As a student, who studies Physics, I am curious about various physic phenomena, and always willing to see the newest and the most mysterious phenomenon. This was my motivation to leave Vietnam and Russia to join Erasmus Mundus program Nanoscience & Nanotechnology to learn more about physics, quantum physics, nanoscience and nanotechnology. My curiosity and love for physics lead me to concentrate mainly on mesoscopic physics, quantum coherence transport of electrons, quantum dots and graphene.

In addition to these theoretical knoledges, I also acknowledge the importance of practical skill in using preparation, ranging from top-down, like e-beam lithography, dry etching techniques to bottom-up ones, like self-assembly and characterization techniques, like AFM, NanoSEM, or Raman spectroscopy to equip myself for my future career in nanoscience as a physicist. In the next few paragraphs, I will show you how experienced I am in using some important techniques used in experiments with graphene, and also present briefly about my academic success during the last two years.

Firstly, I have a lot of experiences in using e-beam lithography thanks to my Master thesis, which concerns with long range proximity effect in ferromagnetic materials. For this thesis, I have to work daily with different sputtering, etching systems and especially with e-beam lithography in clean room to prepare samples for measurement at low temperature. Working with this state-of-art equipment is both exciting and challenging. It is exciting, because with this kind of equipment, I can write a structure as small as 50nm, or even smaller. And in nanoscience, all objects have a size in nanoscale.

Therefore, mastering in using this equipment is the most important key to go further in academic career in nanoscience and nanotechnology field. And now, before ending my thesis, I can say that I use my time in the smartest way to learn as much as possible about e-beam lithography, both in how to use it, and what kind of technical problems can happen with it, and more or less how to fix it.

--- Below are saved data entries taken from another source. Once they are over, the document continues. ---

-- ===== src/Paperpad/Mxcfb/SystemPixels/Loops.antt =====
-- What the drawing loops of the strip keep, and what they reach.
use native.Mathlib.Decide.{ℕ_discrete}
use rust_x11_hello.Prelude.{
  ℕ, zero, suc, ◌+◌, ◌*◌, ◌≤◌, ◌<◌, ◌≡◌, arith, List, [], ◌∷◌, length, replicate, All,
}
use rust_x11_hello.Paperpad.Mxcfb.Memory.{write_bytes}
use rust_x11_hello.Paperpad.Mxcfb.SystemPixels.{
  for_range, fill_square, draw_glyph_row, draw_glyph, draw_glyphs,
}

-- What each round keeps, the loop keeps.
pub for_range_inv {κ} :
    (P : List ℕ → Type κ) (body : ℕ → List ℕ → List ℕ) (rounds from : ℕ) (bytes : List ℕ)
    → ((i : ℕ) (b : List ℕ) → from ≤ i → i < from + rounds → P b → P (body i b))
    → P bytes
    → P (for_range from rounds body bytes)
unfolding for_range
for_range_inv P body zero from bytes keep h = h
for_range_inv P body (suc rounds) from bytes keep h =
    for_range_inv P body rounds (from + 1) (body from bytes)
      (λ i b lo hi. keep i b (omega arith) (omega arith))
      (keep from bytes (omega arith) (omega arith) h)

-- What one round brings about and each keeps holds behind the loop.
pub for_range_hits {κ} :
    (Q P : List ℕ → Type κ) (body : ℕ → List ℕ → List ℕ) (rounds from j : ℕ) (bytes : List ℕ)
    → from ≤ j
    → j < from + rounds
    → ((i : ℕ) (b : List ℕ) → Q b → Q (body i b))
    → ((i : ℕ) (b : List ℕ) → P b → P (body i b))
    → ((b : List ℕ) → Q b → P (body j b))
    → Q bytes
    → P (for_range from rounds body bytes)
unfolding for_range
for_range_hits Q P body zero from j bytes lo hi stays keep hit q = absurd (omega arith)
for_range_hits Q P body (suc rounds) from j bytes lo hi stays keep hit q =
    elim (ℕ_discrete j from) [
      | yes now ↦
          for_range_inv P body rounds (from + 1) (body from bytes) (λ i b lo' hi'. keep i b)
            (rw now at (hit bytes q))
      | no later ↦
          for_range_hits Q P body rounds (from + 1) j (body from bytes) (omega arith) (omega arith)
            stays keep hit (stays from bytes q)
    ]

-- A property that survives a run of black bytes in any square of the text survives the text.
module _ {κ} (P : List ℕ → Type κ) (stride scale left top width height : ℕ)
    (keep : (b : List ℕ) (y x : ℕ)
      → top ≤ y
      → y < top + height
      → left ≤ x
      → x + scale ≤ left + width
      → P b
      → P (write_bytes b (y * stride + x) (replicate scale 0))) where
  square :
      (x y : ℕ) (b : List ℕ)
      → top ≤ y
      → y + scale ≤ top + height
      → left ≤ x
      → x + scale ≤ left + width
      → P b
      → P (fill_square stride scale x y b)
  unfolding fill_square
  square x y b above below before behind h =
      for_range_inv P _ scale y b
        (λ i c lo hi pc. keep c i x (omega arith) (omega arith) before behind pc) h

  step : (i n : ℕ) → i < 5 → i * n + n ≤ 5 * n
  step i n lt = grind arith

  glyph_row :
      (x y row : ℕ) (b : List ℕ)
      → top ≤ y
      → y + scale ≤ top + height
      → left ≤ x
      → x + 5 * scale ≤ left + width
      → P b
      → P (draw_glyph_row stride scale x y row b)
  unfolding draw_glyph_row
  glyph_row x y row b above below before behind h =
      for_range_inv P _ 5 0 b
        (λ i c lo hi pc. ground (
          arith,
          step i scale (omega arith),
          square (x + i * scale) y c above below (omega arith)
              (omega (arith, step i scale (omega arith))) pc,
          pc,
        ))
        h

  glyph :
      (x y : ℕ) (rows : List ℕ) (b : List ℕ) (n : ℕ)
      → top ≤ y
      → length rows ≡ n
      → y + n * scale ≤ top + height
      → left ≤ x
      → x + 5 * scale ≤ left + width
      → P b
      → P (draw_glyph stride scale x y rows b)
  unfolding draw_glyph
  glyph x y [] b n above e below before behind h = h
  glyph x y (row ∷ rows) b zero above e below before behind h = absurd (omega arith)
  glyph x y (row ∷ rows) b (suc n) above e below before behind h =
      glyph x (y + scale) rows (draw_glyph_row stride scale x y row b) n (omega arith) (omega arith)
        (grind arith) before behind (glyph_row x y row b above (grind arith) before behind h)

  pub glyphs :
      (x y : ℕ) (all : List (List ℕ)) (b : List ℕ) (n : ℕ)
      → top ≤ y
      → y + 7 * scale ≤ top + height
      → left ≤ x
      → length all ≡ n
      → x + n * (6 * scale) ≤ left + width + scale
      → All (λ g. length g ≡ 7) all
      → P b
      → P (draw_glyphs stride scale x y all b)
  unfolding draw_glyphs
  glyphs x y [] b n above below before e behind seven h = h
  glyphs x y (g ∷ gs) b zero above below before e behind seven h = absurd (omega arith)
  glyphs x y (g ∷ gs) b (suc n) above below before e behind seven h =
      glyphs (x + 6 * scale) y gs (draw_glyph stride scale x y g b) n above below (omega arith)
        (omega arith) (grind arith) seven.1
        (glyph x y g b 7 above seven.0 below before (grind arith) h)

But working with e-beam is also challenging, because it is not as simple as writing some letters with pen, as illustrated in any literature about e-beam lithography.

To receive the best resolution and high quality samples in the most economic way in time and money, it requires a lot of knowledge about all parameters, which can contribute into the final result. Therefore, a careful examination of different parameters is highly important. In my work in Leiden with e-beam, I have succeeded to reduce a writing time for my sample from 12 hours to 6 hours by varying a settling time. And this dramatic reduction in writing time has enhanced a lot in my work efficiency. On the other hand, as my sample requires an etching step during preparation, I have some experiences with Argon ion beam etchers.

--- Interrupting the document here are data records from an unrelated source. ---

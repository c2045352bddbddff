-- ===== src/Paperpad/Mxcfb/SystemPixels/Drawn.antt =====
-- Where the strip's pixels are black: in Exit and in the connection indicator.
use native.Mathlib.Decide.{dec_lt}
use rust_x11_hello.Prelude.{
  ℕ, zero, suc, ◌+◌, ◌-◌, ◌*◌, ◌/◌, ◌≤◌, ◌<◌, ◌≡◌, ◌≢◌, refl, arith, List, [], ◌∷◌, Bool, true,
  Option, none, some, length, get_or, replicate,
}
use rust_x11_hello.Paperpad.Ui.Screen.{ScreenRect}
use rust_x11_hello.Paperpad.Ui.System.{LogicalRect}
use rust_x11_hello.Paperpad.Mxcfb.Memory.{set, write_bytes}
use rust_x11_hello.Paperpad.Mxcfb.Memory.Rows.{length-set, get_or-set_self}
use rust_x11_hello.Paperpad.Mxcfb.SystemPixels.{
  in_border, draw_border, glyph_scale, draw_text, draw_indicator, draw_if_present, strip_pixels,
  exit_glyphs,
}
use rust_x11_hello.Paperpad.Mxcfb.SystemPixels.Loops.{for_range_inv, for_range_hits, glyphs}

-- The two places of a strip are the same only if their rows and columns are.
other_place : (a b c e s : ℕ) → a < c → b < s → a * s + b < c * s + e
other_place a b c e s lt inside = grind arith

abbrev pub IsIn : ℕ → ℕ → ℕ → ℕ → ℕ → ℕ → Type 0
IsIn left top width height x y = (left ≤ x) × (x < left + width) × (top ≤ y) × (y < top + height)

-- A store at one place leaves another place alone.
pub elsewhere :
    (s x y x' y' : ℕ) → x < s → x' < s → ¬ ((x ≡ x') × (y ≡ y')) → y * s + x ≢ y' * s + x'
elsewhere s x y x' y' hx hx' apart e = elim (dec_lt y y') [
  | yes up ↦ omega (arith, other_place y x y' x' s up hx)
  | no up ↦ elim (dec_lt y' y) [
    | yes down ↦ omega (arith, other_place y' x' y x s down hx')
    | no down ↦
        let same : y ≡ y' = omega arith in
        let e' : y' * s + x ≡ y' * s + x' = rw same at e in apart (omega arith, omega arith)
  ]
]

-- The border: what keeps it keeps `P`.
module _ {κ} (P : List ℕ → Type κ) (stride left top width height : ℕ)
    (keep : (b : List ℕ) (dx dy : ℕ)
      → dx < width
      → dy < height
      → P b
      → P (set b ((top + dy) * stride + (left + dx)) 0)) where
  draw_border_keeps : (b : List ℕ) → P b → P (draw_border stride left top width height b)
  unfolding draw_border
  draw_border_keeps b h =
      for_range_inv P _ height 0 b
        (λ dy c lo hi pc.
          for_range_inv P _ width 0 c (λ dx e lo' hi' pe. ground (arith, keep e dx dy, pe)) pc)
        h

module _ {κ} (P : List ℕ → Type κ) (connected : Bool) (stride left top diameter : ℕ)
    (keep : (b : List ℕ) (dx dy : ℕ)
      → dx < diameter
      → dy < diameter
      → P b
      → P (set b ((top + dy) * stride + left + dx) 0)) where
  draw_indicator_keeps :
      (b : List ℕ) → P b → P (draw_indicator connected stride left top diameter b)
  unfolding draw_indicator
  draw_indicator_keeps b h =
      for_range_inv P _ diameter 0 b
        (λ dy c lo hi pc.
          for_range_inv P _ diameter 0 c (λ dx e lo' hi' pe. ground (arith, keep e dx dy, pe)) pc)
        h

-- The whole strip: what survives a store in Exit, a run in Exit and a store in the indicator is kept.
module _ {κ} (P : List ℕ → Type κ) (connected : Bool) (region : ScreenRect) (bounds : LogicalRect)
    (tall : bounds.height ≡ 72)
    (dot : (b : List ℕ) (dx dy : ℕ)
      → dx < bounds.width
      → dy < bounds.height
      → P b
      → P (set b ((bounds.y - region.y + dy) * region.width + (bounds.x - region.x + dx)) 0))
    (run : (scale : ℕ) (b : List ℕ) (y x : ℕ)
      → bounds.y - region.y ≤ y
      → y < bounds.y - region.y + bounds.height
      → bounds.x - region.x ≤ x
      → x + scale ≤ bounds.x - region.x + bounds.width
      → P b
      → P (write_bytes b (y * region.width + x) (replicate scale 0))) where
  draw_text_keeps :
      (b : List ℕ)
      → P b
      → P (
          draw_text region.width
            (bounds.x - region.x)
            (bounds.y - region.y)
            bounds.width
            bounds.height
            b)
  unfolding draw_text
  draw_text_keeps b h =
      let scale = glyph_scale bounds.width in
      let text =
        glyphs P region.width scale (bounds.x - region.x) (bounds.y - region.y) bounds.width
          bounds.height (run scale) (bounds.x - region.x + (bounds.width - 23 * scale) / 2)
          (bounds.y - region.y + (bounds.height - 7 * scale) / 2) exit_glyphs b 4 (omega arith)
          (omega (arith, tall)) (omega arith) refl (omega arith) (refl, (refl, (refl, (refl, tt))))
          h in
      ground (arith, text, h)

  pub controls_keep :
      (indicator : Option LogicalRect)
      → ((i : LogicalRect) (b : List ℕ) (dx dy : ℕ)
          → indicator ≡ some i
          → dx < i.width
          → dy < i.width
          → P b
          → P (set b ((i.y - region.y + dy) * region.width + (i.x - region.x) + dx) 0))
      → (b : List ℕ) → P b
      → P (
          draw_if_present connected region indicator (
            draw_text region.width
              (bounds.x - region.x)
              (bounds.y - region.y)
              bounds.width
              bounds.height
              b))
  unfolding draw_if_present
  controls_keep none mark b h = draw_text_keeps b h
  controls_keep (some i) mark b h =
      draw_indicator_keeps P connected region.width (i.x - region.x) (i.y - region.y) i.width
        (λ b dx dy hx hy pb. mark i b dx dy refl hx hy pb) _ (draw_text_keeps b h)

  pub strip_pixels_keeps :
      (indicator : Option LogicalRect) (len : ℕ)
      → ((i : LogicalRect) (b : List ℕ) (dx dy : ℕ)
          → indicator ≡ some i
          → dx < i.width
          → dy < i.width
          → P b
          → P (set b ((i.y - region.y + dy) * region.width + (i.x - region.x) + dx) 0))
      → P (replicate len 255)
      → P (strip_pixels connected region bounds indicator len)
  unfolding strip_pixels
  strip_pixels_keeps indicator len mark h = controls_keep indicator mark _ (
      draw_border_keeps P region.width (bounds.x - region.x) (bounds.y - region.y) bounds.width
        bounds.height dot _ h)

pub set_black : (b : List ℕ) (i j : ℕ) → get_or b j 0 ≡ 0 → get_or (set b i 0) j 0 ≡ 0
set_black [] i j h = h
set_black (x ∷ b) zero zero h = refl
set_black (x ∷ b) zero (suc j) h = h
set_black (x ∷ b) (suc i) zero h = h
set_black (x ∷ b) (suc i) (suc j) h = set_black b i j h

pub write_bytes_black :
    (n : ℕ) (b : List ℕ) (i j : ℕ)
    → get_or b j 0 ≡ 0
    → get_or (write_bytes b i (replicate n 0)) j 0 ≡ 0
unfolding write_bytes
write_bytes_black zero b i j h = h
write_bytes_black (suc n) b i j h = write_bytes_black n (set b i 0) (i + 1) j (set_black b i j h)

-- The pixels of the border are stored black.
module _ (stride left top width height len dx dy : ℕ) where
  abbrev place : ℕ
  place = (top + dy) * stride + (left + dx)

  abbrev IsBlack : List ℕ → Type 0
  IsBlack c = get_or c place 0 ≡ 0

  abbrev IsSized : List ℕ → Type 0
  IsSized c = length c ≡ len

  pub border-IsBlack :
      (b : List ℕ)
      → dx < width
      → dy < height
      → in_border width height dx dy ≡ true
      → place < len
      → IsSized b
      → IsBlack (draw_border stride left top width height b)
  unfolding draw_border
  border-IsBlack b hx hy border inside size =
      for_range_hits IsSized IsBlack _ height 0 dy b (omega arith) (omega arith)
        (λ i c q.
          for_range_inv IsSized _ width 0 c
            (λ k e lo hi qe. ground (arith, length-set e ((top + i) * stride + (left + k)) 0)) q)
        (λ i c q.
          for_range_inv IsBlack _ width 0 c
            (λ k e lo hi qe. ground (arith, set_black e ((top + i) * stride + (left + k)) place qe))
            q)
        (λ c q.
          for_range_hits IsSized IsBlack _ width 0 dx c (omega arith) (omega arith)
            (λ k e qe. ground (arith, length-set e ((top + dy) * stride + (left + k)) 0))
            (λ k e qe. ground (arith, set_black e ((top + dy) * stride + (left + k)) place qe))
            (λ e qe. ground (arith, border, get_or-set_self e place 0)) q)
        size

Compared to e-beam lithography, this machine is less complicated, but sometimes still problematic. And the biggest issue, which I faced with, is a thermal problem created by collision of ions. The heat can be high enough to polymerize my photoresist and make it too hard to remove. After some times to brainstorm, a simple solution was found; it requires liquid Nitrogen to cool down sample. But applying liquid Nitrogen is also tricky; a flux must be high enough to cool down efficiently, but not too high to detach a covered photoresist.

In addition to these practical skills, I have learnt and good background in different fields, Physics, Chemistry. And fortunately, in the last two years, I’ve passed with great successes in these subjects, with best results in Physics. Some of my best results are in Mesoscopic Physics with 8. 5/10 in TuDelft and 16/20 (rank B) in KULeuven, Scanning Probe Microscopy with 16/20 (rank B) Advanced Nano-electronic concept with 15/20, and Statistical Physics with 10/10 in Leiden. Therefore, I have a strong confidence about my strong physic background, to face with tough problems in quantum world, like quantum dots or graphene.

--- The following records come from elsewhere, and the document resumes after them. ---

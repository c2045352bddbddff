-- ===== src/Paperpad/Mxcfb/SystemPixels/Strip.antt =====
-- The pixels of the strip, against the places of its two controls.
use native.Mathlib.Decide.{dec_lt}
use rust_x11_hello.Prelude.{
  ℕ, zero, suc, ◌+◌, ◌-◌, ◌*◌, ◌^◌, ◌≤◌, ◌<◌, ◌≡◌, ◌∙◌, ◌⊎◌, inl, inr, refl, ap₂, arith, List, Bool,
  true, some, ok, length, get_or, replicate,
}
use rust_x11_hello.Paperpad.Ui.Screen.{ScreenRect, ScreenLayout, new_layout}
use rust_x11_hello.Paperpad.Ui.Screen.Partition.{
  IsPartition, new_layout-IsPartition, new_layout-size,
}
use rust_x11_hello.Paperpad.Ui.System.{LogicalRect, exit_bounds, connection_indicator_bounds}
use rust_x11_hello.Paperpad.Ui.System.Bounds.{IsExit, IsIndicator, exit_bounds_lem}
use rust_x11_hello.Paperpad.Mxcfb.Memory.Rows.{
  length-set, length-write_bytes, get_or-set_ne, write_bytes_outside,
}
use rust_x11_hello.Paperpad.Mxcfb.Pixels.Ready.{length-replicate}
use rust_x11_hello.Paperpad.Mxcfb.Mapped.{SystemUiPixels}
use rust_x11_hello.Paperpad.Mxcfb.SystemPixels.{in_border, strip_pixels, rasterize_system_ui}
use rust_x11_hello.Paperpad.Mxcfb.SystemPixels.Drawn.{
  strip_pixels_keeps, controls_keep, elsewhere, set_black, write_bytes_black, border-IsBlack,
}

get_or-replicate : (n x i : ℕ) → i < n → get_or (replicate n x) i 0 ≡ x
get_or-replicate zero x i h = absurd (omega arith)
get_or-replicate (suc n) x zero h = refl
get_or-replicate (suc n) x (suc i) h = get_or-replicate n x i (omega arith)

-- A rectangle of the screen has the pixel at column `x` and row `y`.
abbrev pub HasPixel : LogicalRect → ℕ → ℕ → Type 0
HasPixel r x y = (r.x ≤ x) × (x < r.x + r.width) × (r.y ≤ y) × (y < r.y + r.height)

place_in : (y s h x : ℕ) → y < h → x < s → y * s + x < s * h
place_in y s h x hy hx = grind arith

run_apart :
    (s x y x' y' n : ℕ)
    → x < s
    → x' + n ≤ s
    → ¬ ((x' ≤ x) × (x < x' + n) × (y ≡ y'))
    → (y * s + x < y' * s + x') ⊎ (y' * s + x' + n ≤ y * s + x)
run_apart s x y x' y' n hx hx' apart = elim (dec_lt y y') [
  | yes up ↦ inl (grind arith)
  | no higher ↦ elim (dec_lt y' y) [
    | yes down ↦ inr (grind arith)
    | no lower ↦ elim (dec_lt x x') [
      | yes left ↦ inl (grind arith)
      | no right ↦ elim (dec_lt x (x' + n)) [
        | yes within ↦ absurd (apart (omega arith, omega arith, omega arith))
        | no past ↦ inr (grind arith)
      ]
    ]
  ]
]

-- A window with an Exit control
module _ (w h : ℕ) (screen : ScreenLayout) (bounds : LogicalRect) (connected : Bool)
    (layout : new_layout w h ≡ some screen) (exit : exit_bounds w h ≡ some bounds) where
  abbrev region : ScreenRect
  region = screen.system_ui_region

  v : IsPartition screen.physical_size.0 screen.physical_size.1 screen.remote_viewport region
  v = new_layout-IsPartition w h layout

  is : IsExit screen bounds
  is = (exit_bounds_lem w h layout exit).0

  indicated :
      (i : LogicalRect)
      → connection_indicator_bounds w h ≡ some i
      → IsIndicator screen i × (i.x + i.width + 20 ≡ bounds.x)
  indicated = (exit_bounds_lem w h layout exit).1

  abbrev pixels : List ℕ
  pixels =
      strip_pixels connected region bounds (connection_indicator_bounds w h)
        (region.width * region.height)

  pub length-pixels : length pixels ≡ region.width * region.height
  length-pixels =
      strip_pixels_keeps (λ b. length b ≡ region.width * region.height) connected region bounds
        is.tall
        (λ b dx dy hx hy pb.
          length-set b ((bounds.y - region.y + dy) * region.width + (bounds.x - region.x + dx)) 0
          ∙ pb)
        (λ scale b y x above below before behind pb.
          length-write_bytes b (y * region.width + x) (replicate scale 0) ∙ pb)
        (connection_indicator_bounds w h) (region.width * region.height)
        (λ i b dx dy e hx hy pb.
          length-set b ((i.y - region.y + dy) * region.width + (i.x - region.x) + dx) 0 ∙ pb)
        (length-replicate (region.width * region.height) 255)

  -- A pixel of the strip in neither control
  pub white :
      (x y : ℕ)
      → x < region.width
      → y < region.height
      → ¬ (HasPixel bounds x (region.y + y))
      → ((i : LogicalRect)
          → connection_indicator_bounds w h ≡ some i
          → ¬ (HasPixel i x (region.y + y)))
      → get_or pixels (y * region.width + x) 0 ≡ 255
  white x y hx hy not_exit not_indicator =
      strip_pixels_keeps (λ b. get_or b (y * region.width + x) 0 ≡ 255) connected region bounds
        is.tall
        (λ b dx dy hdx hdy pb.
          get_or-set_ne b ((bounds.y - region.y + dy) * region.width + (bounds.x - region.x + dx))
            (y * region.width + x) 0
            (elsewhere region.width x y (bounds.x - region.x + dx) (bounds.y - region.y + dy) hx
              (omega (arith, is.columns, v.system_wide, v.system_left))
              (λ (ex, ey). not_exit (
                omega (arith, is.left, v.system_left),
                omega (arith, v.system_left),
                omega (arith, is.top),
                omega (arith, is.top),
              )))
          ∙ pb)
        (λ scale b y' x' above below before behind pb.
          write_bytes_outside b (y' * region.width + x') (replicate scale 0) (y * region.width + x)
            (rw (length-replicate scale 0) (
              run_apart region.width x y x' y' scale hx
                (omega (arith, is.columns, v.system_wide, v.system_left))
                (λ (le, lt, ey). not_exit (
                  omega (arith, is.left, v.system_left),
                  omega (arith, is.left, v.system_left),
                  omega (arith, is.top),
                  omega (arith, is.top),
                ))))
          ∙ pb)
        (connection_indicator_bounds w h) (region.width * region.height)
        (λ i b dx dy e hdx hdy pb.
          get_or-set_ne b ((i.y - region.y + dy) * region.width + (i.x - region.x) + dx)
            (y * region.width + x) 0
            (λ same.
              let at = (indicated i e).0 in
              elsewhere region.width x y (i.x - region.x + dx) (i.y - region.y + dy) hx
                (omega
                  (arith, at.left, is.columns, v.system_wide, v.system_left, (indicated i e).1))
                (λ (ex, ey). not_indicator i e (
                  omega (arith, at.left, v.system_left),
                  omega (arith, v.system_left),
                  omega (arith, at.top),
                  omega (arith, at.top, at.wide, at.tall),
                ))
                (omega (arith, same)))
          ∙ pb)
        (get_or-replicate (region.width * region.height) 255 (y * region.width + x)
          (place_in y region.width region.height x hy hx))

  -- A pixel of the border of Exit
  abbrev spot : ℕ → ℕ → ℕ
  spot dx dy = (bounds.y - region.y + dy) * region.width + (bounds.x - region.x + dx)

  border_at :
      (dx dy : ℕ)
      → dx < bounds.width
      → dy < bounds.height
      → in_border bounds.width bounds.height dx dy ≡ true
      → get_or pixels (spot dx dy) 0 ≡ 0
  unfolding strip_pixels
  border_at dx dy hx hy border =
      controls_keep (λ b. get_or b (spot dx dy) 0 ≡ 0) connected region bounds is.tall
        (λ b i j hi hj pb. set_black b (spot i j) (spot dx dy) pb)
        (λ scale b y x above below before behind pb.
          write_bytes_black scale b (y * region.width + x) (spot dx dy) pb)
        (connection_indicator_bounds w h)
        (λ i b x y e hi hj pb.
          set_black b ((i.y - region.y + y) * region.width + (i.x - region.x) + x) (spot dx dy) pb)
        _
        (border-IsBlack region.width (bounds.x - region.x) (bounds.y - region.y) bounds.width
          bounds.height (region.width * region.height) dx dy
          (replicate (region.width * region.height) 255) hx hy border
          (place_in (bounds.y - region.y + dy) region.width region.height (bounds.x - region.x + dx)
            (omega (arith, is.top, is.tall, v.strip, is.rows, v.rows, v.adjacent))
            (omega (arith, is.columns, v.system_wide, v.system_left)))
          (length-replicate (region.width * region.height) 255))

  pub black :
      (dx dy : ℕ)
      → dx < bounds.width
      → dy < 72
      → (dx < 2) ⊎ ((bounds.width ≤ dx + 2) ⊎ ((dy < 2) ⊎ (70 ≤ dy)))
      → get_or pixels (dy * region.width + (bounds.x + dx)) 0 ≡ 0
  unfolding in_border
  black dx dy hx hy border =
      let column : bounds.x - region.x + dx ≡ bounds.x + dx = omega (arith, v.system_left) in
      let row : bounds.y - region.y + dy ≡ dy = omega (arith, is.top) in
      rw (column, row) at
        (border_at dx dy hx (omega (arith, is.tall)) (ground (arith, border, is.tall)))

  abbrev pub drawn : SystemUiPixels
  drawn = record { region = region; stride = region.width; bytes = pixels }

  pub rasterize_ok : w ≤ 32767 → h ≤ 32767 → rasterize_system_ui screen connected ≡ ok drawn
  unfolding rasterize_system_ui
  rasterize_ok small_w small_h =
      let size = new_layout-size w h layout in
      let ew : screen.physical_size.0 ≡ w = omega (arith, size) in
      let eh : screen.physical_size.1 ≡ h = omega (arith, size) in
      let tall : region.height ≡ 72 = omega (arith, is.top, is.tall, is.rows, v.rows, v.adjacent) in
      let few : region.width * 72 < 2 ^ 32 = omega (arith, v.system_wide, v.reach) in
      let fits : region.width * region.height < 2 ^ 32 = rw tall few in
      rw (ew, eh, exit) (ground (arith, tall, fits))

-- In a window with an Exit control that fits the coordinates of a display, the strip is drawn: one
-- byte for each of its pixels, the border of Exit black, and every pixel in neither Exit nor the
-- connection indicator white.
pub rasterize_system_ui_lem :
    (w h : ℕ) (screen : ScreenLayout) (bounds : LogicalRect) (connected : Bool)
    → new_layout w h ≡ some screen
    → exit_bounds w h ≡ some bounds
    → w ≤ 32767
    → h ≤ 32767
    → (u : SystemUiPixels) × (rasterize_system_ui screen connected ≡ ok u)
      × (u.region ≡ screen.system_ui_region)
      × (u.stride ≡ w)
      × (length u.bytes ≡ w * 72)
      × ((dx dy : ℕ)
          → dx < bounds.width
          → dy < 72
          → (dx < 2) ⊎ ((bounds.width ≤ dx + 2) ⊎ ((dy < 2) ⊎ (70 ≤ dy)))
          → get_or u.bytes (dy * u.stride + (bounds.x + dx)) 0 ≡ 0)
      × ((x y : ℕ)
          → x < w
          → y < 72
          → ¬ (HasPixel bounds x (u.region.y + y))
          → ((i : LogicalRect)
              → connection_indicator_bounds w h ≡ some i
              → ¬ (HasPixel i x (u.region.y + y)))
          → get_or u.bytes (y * u.stride + x) 0 ≡ 255)
rasterize_system_ui_lem w h screen bounds connected layout exit small_w small_h =
    let v = new_layout-IsPartition w h layout in
    let is = (exit_bounds_lem w h layout exit).0 in
    let size = new_layout-size w h layout in
    let wide : screen.system_ui_region.width ≡ w = omega (arith, size, v.system_wide) in
    let tall : screen.system_ui_region.height ≡ 72 =
      omega (arith, is.top, is.tall, is.rows, v.rows, v.adjacent) in
    (
      drawn w h screen bounds connected layout exit,
      rasterize_ok w h screen bounds connected layout exit small_w small_h,
      refl,
      wide,
      length-pixels w h screen bounds connected layout exit ∙ ap₂ ◌*◌ wide tall,
      λ dx dy hx hy border. black w h screen bounds connected layout exit dx dy hx hy border,
      λ x y hx hy not_exit not_indicator.
          white w h screen bounds connected layout exit x y (omega (arith, wide))
            (omega (arith, tall)) not_exit not_indicator,
    )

In addition to a strong interest in physics in nanoscale, I even have an ambition to contribute into realizing potentials of graphene in industry. But to fulfill this dream it is crucial to learn, to investigate more and more about properties of this material. And once after reading an article about the effect of zig-zag edge on magnetic properties of graphene (1), I have a dream to combine this discovery with my recent master thesis project in spin triplet supercurrent in ferromagnetic materials. If Prof.

Eschrig is true about a potential of ferromagnetic materials in spintronics as a spin filter (2), I also have an imagination to apply graphene in this role as well. Then, by varying the type of edges, graphene can generate different types of Cooper pair, with zero and non-zero spin. This plan is still quite out of my reach, especially when both two mentioned topics, long-range proximity effect and ferromagnetic properties of graphene, are still in debate, and have a lot of challenges to overcome, but it is really nice project to follow, at least from my point of view.

In the end, after presenting about my practical skills, theoretical knowledge and also my ambition to progress in nanoscience, I hope you also recognize me as a strong candidate with great potential for this position. From my side, to join your group, listen and learn from experts in quatum nanoelectronics is my pride, and my dream. I believe that only in this prestige academic environment, my skills and knowledge will be improved dramatically. Le Quang Toai. References: 1. Y. Wang, et al. , Nano Lett. , 9 (1), pp 220-224, 2009. 2. M. Eschrig, et al. , Physics Today, 1, vol. 64, 2011.